# Implementação

## Dados dos datasets

Dataset | Query | Dataset | Rel | % Rel
--- | --- | --- | --- | ---
Hall | Defect prediction | 8911 | 104 | 1.17
Radjenovic | Defect prediction metrics | 6000 | 48 | 0.80
Kitchenham | Literature review | 1704 | 45 | 2.64
Wahono | Defect prediction | 7002 | 62 | 0.88

## Bibliotecas

In [1]:
import os
import sys
#import datetime
from collections import OrderedDict
#from random import seed
#from random import randint
import nltk
import pandas as pd
import numpy as np
from nltk.tokenize import RegexpTokenizer
from nltk.stem.porter import PorterStemmer
from nltk.corpus import stopwords
import gensim
from gensim.corpora import Dictionary
from gensim.models.wrappers import LdaMallet
from gensim.models.wrappers.ldamallet import malletmodel2ldamodel
from gensim.models.coherencemodel import CoherenceModel
from gensim.models.phrases import Phrases, Phraser
#from google.colab import drive

print("Python version")
print (sys.version)
print("Gensim version")
print (gensim.__version__)
print("Pandas version")
print (pd.__version__)

nltk.download('stopwords')

Python version
3.6.10 |Anaconda, Inc.| (default, Mar 25 2020, 23:51:54) 
[GCC 7.3.0]
Gensim version
3.8.0
Pandas version
1.0.3


[nltk_data] Downloading package stopwords to /home/ballke/nltk_data...
[nltk_data]   Package stopwords is already up-to-date!


True

## Números randômicos

In [2]:
# seed(datetime.datetime.now().second)

random_numbers = [534, 424, 826, 310, 983]

# for _ in range(5):
# 	value = randint(0, 1000)
# 	random_numbers.append(value)
 
print(random_numbers)

[534, 424, 826, 310, 983]


## Tratamento do dataset

In [3]:
def get_corpus_for_docs(docs):
    """
    Faz o tratamento da base e retorna o corpus, dicionário e query tratada
    """
    # Download and import stopwords library
    stopwds = stopwords.words('english')

    # Split the documents into tokens.
    tokenizer = RegexpTokenizer(r'\w+')
    for idx in range(len(docs)):
        docs[idx] = str(docs[idx]).lower()  # Convert to lowercase.
        docs[idx] = tokenizer.tokenize(docs[idx])  # Split into words.
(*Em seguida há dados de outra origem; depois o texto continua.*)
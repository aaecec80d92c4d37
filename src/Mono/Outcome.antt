-- ===== src/Mono/Outcome.antt =====
-- Who wins a match.
use puzzle_bubble.Prelude.{
  ◌≡◌, refl, sym, ◌∙◌, ◌⊎◌, inl, inr, arith, ◌==◌, ltb, true, false, Bool-cases, Option-cases, none,
  some, List, [], ◌∷◌, ◌∈◌, length, String, str_eq, eq_iff, lookup, has, insert, lookup-insert,
  lookup-erase, not, ◌||◌,
}
use puzzle_bubble.Gameplay.State.{PlayerState, has_lost}
use text.Mathlib.TextPositions.{eq_refl}
use puzzle_bubble.Mono.{
  losers, waiting, finish, forget, Names, Room, Server, is_started, alive, resolve_room_outcome,
}

-- A list of one name holds no other.
only_one : (ps : List String) (a b : String) → (length ps == 1) ≡ true → a ∈ ps → b ∈ ps → a ≡ b
only_one [] a b e ha hb = absurd ha
only_one (p ∷ []) a b e (inl ha) (inl hb) = ha ∙ sym hb
only_one (p ∷ []) a b e (inl ha) (inr hb) = absurd hb
only_one (p ∷ []) a b e (inr ha) hb = absurd ha
only_one (p ∷ q ∷ ps) a b e ha hb = absurd (ground arith)

module _ {F : Type 0} where
  -- A player of the room whose board is not lost.
  abbrev pub IsAlive : Names → List (String × PlayerState F) → String → Type 0
  IsAlive ps states p =
      (has p ps ≡ true)
      × (st : PlayerState F) × (lookup p states ≡ some st)
      × (has_lost st.status ≡ false)

  pub alive_iff :
      (ps : Names) (states : List (String × PlayerState F)) (p : String)
      → IsAlive ps states p
      → p ∈ alive ps states
  unfolding alive has
  alive_iff [] states p (h, st, e, live) = absurd (cc)
  alive_iff ((q, u) ∷ ps) states p (h, st, e, live) = elim (Bool-cases (str_eq q p)) [
    | inl same ↦
        let at_q : lookup q states ≡ some st = rw ((eq_iff q p).0 same) e in
        rw (alive, at_q, live) (inl (sym ((eq_iff q p).0 same)))
    | inr other ↦
        let later = alive_iff ps states p (ground (arith, h, other), st, e, live) in
        elim (Option-cases (lookup q states)) [
          | inl gone ↦ rw (alive, gone) later
          | inr (t, there) ↦ elim (Bool-cases (has_lost t.status)) [
            | inl lost ↦ rw (alive, there, lost) later
            | inr lives ↦ rw (alive, there, lives) (inr later)
          ]
        ]
  ]

  pub alive_only :
      (ps : Names) (states : List (String × PlayerState F)) (p : String)
      → p ∈ alive ps states
      → IsAlive ps states p
  unfolding alive has
  alive_only [] states p m = absurd m
  alive_only ((q, u) ∷ ps) states p m = elim (Option-cases (lookup q states)) [
    | inl gone ↦ further (alive_only ps states p (rw (alive, gone) at m))
    | inr (t, there) ↦ elim (Bool-cases (has_lost t.status)) [
      | inl lost ↦ further (alive_only ps states p (rw (alive, there, lost) at m))
      | inr lives ↦ elim (member t there lives m) [
        | inl e ↦ rw e (ground (arith, eq_iff q q), t, there, lives)
        | inr later ↦ further (alive_only ps states p later)
      ]
    ]
  ]
    where
      member :
          (t : PlayerState F)
          → lookup q states ≡ some t
          → has_lost t.status ≡ false
          → p ∈ alive ((q, u) ∷ ps) states
          → (p ≡ q) ⊎ (p ∈ alive ps states)
      member t there lives h = rw (alive, there, lives) at h

      further : IsAlive ps states p → IsAlive ((q, u) ∷ ps) states p
      further (h, st, e, live) = (ground (arith, h), st, e, live)

  abbrev reopened : Server F → String → Room → String → Server F
  reopened s rid room winner =
      forget
        (record s {
          rooms = insert rid (record room { phase = waiting; winner_id = winner }) s.rooms;
        })
        rid

  -- The room waits again under the winner's name, nothing of its match is kept, and every other
  -- room is as it was.
  abbrev pub WaitsAgain : Server F → Server F → String → Room → String → Type 0
  WaitsAgain s s' rid room winner =
      (lookup rid s'.rooms ≡ some (record room { phase = waiting; winner_id = winner }))
      × (lookup rid s'.game_states ≡ none)
      × (lookup rid s'.room_tickets ≡ none)
      × (lookup rid s'.room_next_add ≡ none)
      × ((j : String) → str_eq rid j ≡ false → lookup j s'.rooms ≡ lookup j s.rooms)

  waits_again :
      (s : Server F) (rid : String) (room : Room) (winner : String)
      → WaitsAgain s (reopened s rid room winner) rid room winner
  waits_again s rid room winner =
      let after = record room { phase = waiting; winner_id = winner } in
      (
        rw (lookup-insert rid rid after s.rooms, eq_refl rid) refl,
        rw (lookup-erase rid rid s.game_states, eq_refl rid) refl,
        rw (lookup-erase rid rid s.room_tickets, eq_refl rid) refl,
        rw (lookup-erase rid rid s.room_next_add, eq_refl rid) refl,
        λ j other. rw (lookup-insert rid j after s.rooms, other) refl,
      )

  -- If a match is over, two players or more were in it, the winner is a player of the room whose
  -- board is not lost, and the board of every other player is lost or missing. Afterwards the room
  -- waits again under the winner's name, its boards, tickets and due layer are gone, every other
  -- room is as it was, and the boards that are returned are those of the match, finished.
  pub resolve_room_outcome-winner :
      (s : Server F) (rid winner : String) (last : List (String × PlayerState F))
      → (resolve_room_outcome s rid).1 ≡ some (winner, last)
      → (room : Room) × (states : List (String × PlayerState F)) × (lookup rid s.rooms ≡ some room)
        × (lookup rid s.game_states ≡ some states)
        × (is_started room.phase ≡ true)
        × (ltb (length room.players) 2 ≡ false)
        × IsAlive room.players states winner
        × ((p : String) → IsAlive room.players states p → p ≡ winner)
        × (last ≡ finish winner states)
        × WaitsAgain s (resolve_room_outcome s rid).0 rid room winner
  unfolding resolve_room_outcome
  resolve_room_outcome-winner s rid winner last h = elim (Option-cases (lookup rid s.rooms)) [
    | inl e ↦ absurd (ground (arith, h))
    | inr (room, e) ↦ elim (Option-cases (lookup rid s.game_states)) [
      | inl e' ↦ absurd (ground (arith, h))
      | inr (states, e') ↦
          let first = won room states e e' in
          (
            room,
            states,
            e,
            e',
            ground (arith, h),
            ground (arith, h),
            alive_only room.players states winner first.0,
            λ p live.
                only_one (alive room.players states) p winner first.1
                  (alive_iff room.players states p live) first.0,
            first.2,
            rw first.3 (waits_again s rid room winner),
          )
    ]
  ]
    where
      won :
          (room : Room) (states : List (String × PlayerState F))
          → lookup rid s.rooms ≡ some room
          → lookup rid s.game_states ≡ some states
          → (winner ∈ alive room.players states)
            × ((length (alive room.players states) == 1) ≡ true)
            × (last ≡ finish winner states)
            × ((resolve_room_outcome s rid).0 ≡ reopened s rid room winner)
      won room states e e' = split (alive room.players states) refl
        where
          split :
              (ps : List String)
              → alive room.players states ≡ ps
              → (winner ∈ alive room.players states)
                × ((length (alive room.players states) == 1) ≡ true)
                × (last ≡ finish winner states)
                × ((resolve_room_outcome s rid).0 ≡ reopened s rid room winner)
          split [] is = absurd (ground (arith, h, e, e', is))
          split (w ∷ rest) is =
              let same : winner ≡ w = ground (arith, h, e, e', is) in
              let going : is_started room.phase ≡ true = ground (arith, h, e) in
              let many : ltb (length room.players) 2 ≡ false = ground (arith, h, e, e') in
              let over : ((losers room.players states == 0)
                    || not (length (alive room.players states) == 1))
                  ≡ false =
                ground (arith, h, e, e') in
              (
                rw is (inl same),
                ground (arith, h, e, e', is),
                ground (arith, h, e, e', is),
                rw same (rw (resolve_room_outcome, e, going, e', many, over, is) refl),
              )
#     # Remove numbers, but not words that contain numbers.
#     docs = [[token for token in doc if not token.isnumeric()] for doc in docs]

#     # Remove words that are only one character.
#     docs = [[token for token in doc if len(token) > 1] for doc in docs]        
        
    # Remove stopwords.
    docs = [[token for token in doc if token not in stopwds] for doc in docs]

    # Porter stemmer.
    stemmer = PorterStemmer()
    docs = [[stemmer.stem(token) for token in doc] for doc in docs]
    
    # Compute bigrams.
    phrases = Phrases(docs, min_count=1, threshold=2)
    bigram = Phraser(phrases)
    for idx in range(len(docs)):
        docs[idx] = bigram[docs[idx]]
        
    # text processing is done
    query = docs[-1]
    docs = docs[:-1]
    
    # Remove rare and common tokens.
    # Create a dictionary representation of the documents.
    dictionary = Dictionary(docs)

    # Bag-of-words representation of the documents.
    corpus = [dictionary.doc2bow(doc) for doc in docs]

    return corpus, dictionary, docs, query

## Executa LDA e retorna TOP documentos

In [4]:
def get_top_documents(df, corpus, dictionary, query, num_topics, random_state, N=50):
    """
    Retorna TOP 10 documentos da query.
    
    Recebe a base original, corpus, dicionário, query de busca, número de
    tópicos e a semente do random.
    """
    # Make a index to word dictionary.
    temp = dictionary[0]  # This is only to "load" the dictionary.
    id2word = dictionary.id2token

    # Train LDA model.
    path_to_mallet_binary = os.path.join(os.getcwd(), "mallet-2.0.8", "bin", "mallet")
    mallet_model = LdaMallet(
        path_to_mallet_binary,
        corpus=corpus,
        id2word=id2word,
        num_topics=num_topics,
        random_seed=random_state
    )
    model = malletmodel2ldamodel(mallet_model)

    # top_topics = model.top_topics(corpus, topn=10)

    # Topic coherence
    texts = [[dictionary[word_id] for word_id, freq in doc] for doc in corpus]
    cm = CoherenceModel(model=model, corpus=corpus, texts=texts, dictionary=dictionary, coherence='c_v')
    coherence = cm.get_coherence()  # get coherence value
    
    # QUERY ORIGINAL #######
    
    # query topics sorted by score
    initial_query_topics = model.get_document_topics(dictionary.doc2bow(query))
    query_topics = list(sorted(initial_query_topics, key=lambda x: x[1], reverse=True))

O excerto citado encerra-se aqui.